=== Exercise aim ===
Exactly as written, copy the lines that run from the start of the data below to the line containing "last_first x [] = x ∷ []", both ends included.

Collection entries
- - -

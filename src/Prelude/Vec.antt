-- ===== src/Prelude/Vec.antt =====
-- `Vec::swap_remove`: the last element takes the place of the one removed.
use Prim.Native.Nat.{ℕ, zero, suc}
use mathlib.Core.Path.{◌≡◌, refl}
use mathlib.Core.List.{List, [], ◌∷◌, ◌++◌, Perm}
use mathlib.Core.List.Perm
use mathlib.Core.Option.{Option, none, some}
use native.Mathlib.Omega.{arith}
use thread_pool.Prelude.Lists.{length, get_elem?}

module _ {ℓ} {A : Type ℓ} where
  -- All but the last of a non-empty list, with the last in front.
  pub last_first : A → List A → List A
  last_first x [] = x ∷ []
  last_first x (y ∷ ys) = elim (last_first y ys) [ [] ↦ x ∷ [] | z ∷ zs ↦ z ∷ x ∷ zs ]

  -- The tail of a vector from the removed element on.
  pub close_gap : List A → List A
  unfolding last_first
  close_gap [] = []
  close_gap (x ∷ []) = []
  close_gap (x ∷ y ∷ ys) = last_first y ys

  -- `none` is the panic of an index out of range.
  unfoldable pub swap_remove : List A → ℕ → Option (A × List A)
  unfolding close_gap
  swap_remove [] i = none
  swap_remove (x ∷ xs) zero = some (x, close_gap (x ∷ xs))
  swap_remove (x ∷ xs) (suc i) = elim (swap_remove xs i) [
    | none ↦ none
    | some (y, ys) ↦ some (y, x ∷ ys)
  ]

  last_first-perm : (x : A) (ys : List A) → Perm (last_first x ys) (x ∷ ys)
  unfolding last_first
  last_first-perm x [] = Perm.refl (x ∷ [])
  last_first-perm x (y ∷ ys) = go (last_first y ys) (last_first-perm y ys)
    where
      go :
          (zs : List A)
          → Perm zs (y ∷ ys)
          → Perm (elim zs [ [] ↦ x ∷ [] | z ∷ zs ↦ z ∷ x ∷ zs ]) (x ∷ y ∷ ys)
      go [] p = Perm.cons x p
      go (z ∷ zs) p = Perm.trans (Perm.swap x z zs) (Perm.cons x p)

  pub close_gap-perm : (x : A) (xs : List A) → Perm (close_gap (x ∷ xs)) xs
  unfolding close_gap
  close_gap-perm x [] = Perm.refl []
  close_gap-perm x (y ∷ ys) = last_first-perm y ys

  pub swap_remove_at :
      (before : List A) (x : A) (xs : List A)
      → swap_remove (before ++ x ∷ xs) (length before) ≡ some (x, before ++ close_gap (x ∷ xs))
  unfolding swap_remove
  swap_remove_at [] x xs = refl
  swap_remove_at (b ∷ before) x xs = rw (swap_remove_at before x xs, swap_remove)

  pub get_elem?_at :
      (before : List A) (x : A) (xs : List A)
      → get_elem? (before ++ x ∷ xs) (length before) ≡ some x
  get_elem?_at [] x xs = refl
  get_elem?_at (b ∷ before) x xs = get_elem?_at before x xs

  length-last_first : (x : A) (ys : List A) → length (last_first x ys) ≡ suc (length ys)
  unfolding last_first
  length-last_first x [] = refl
  length-last_first x (y ∷ ys) = ground (arith, length-last_first y ys)

  pub length-close_gap : (x : A) (xs : List A) → length (close_gap (x ∷ xs)) ≡ length xs
  unfolding close_gap
  length-close_gap x [] = refl
  length-close_gap x (y ∷ ys) = length-last_first y ys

- - -

=== Task output ===
filename src/Prelude/Vec.antt
-- ===== src/Prelude/Vec.antt =====
-- `Vec::swap_remove`: the last element takes the place of the one removed.
use Prim.Native.Nat.{ℕ, zero, suc}
use mathlib.Core.Path.{◌≡◌, refl}
use mathlib.Core.List.{List, [], ◌∷◌, ◌++◌, Perm}
use mathlib.Core.List.Perm
use mathlib.Core.Option.{Option, none, some}
use native.Mathlib.Omega.{arith}
use thread_pool.Prelude.Lists.{length, get_elem?}

module _ {ℓ} {A : Type ℓ} where
  -- All but the last of a non-empty list, with the last in front.
  pub last_first : A → List A → List A
  last_first x [] = x ∷ []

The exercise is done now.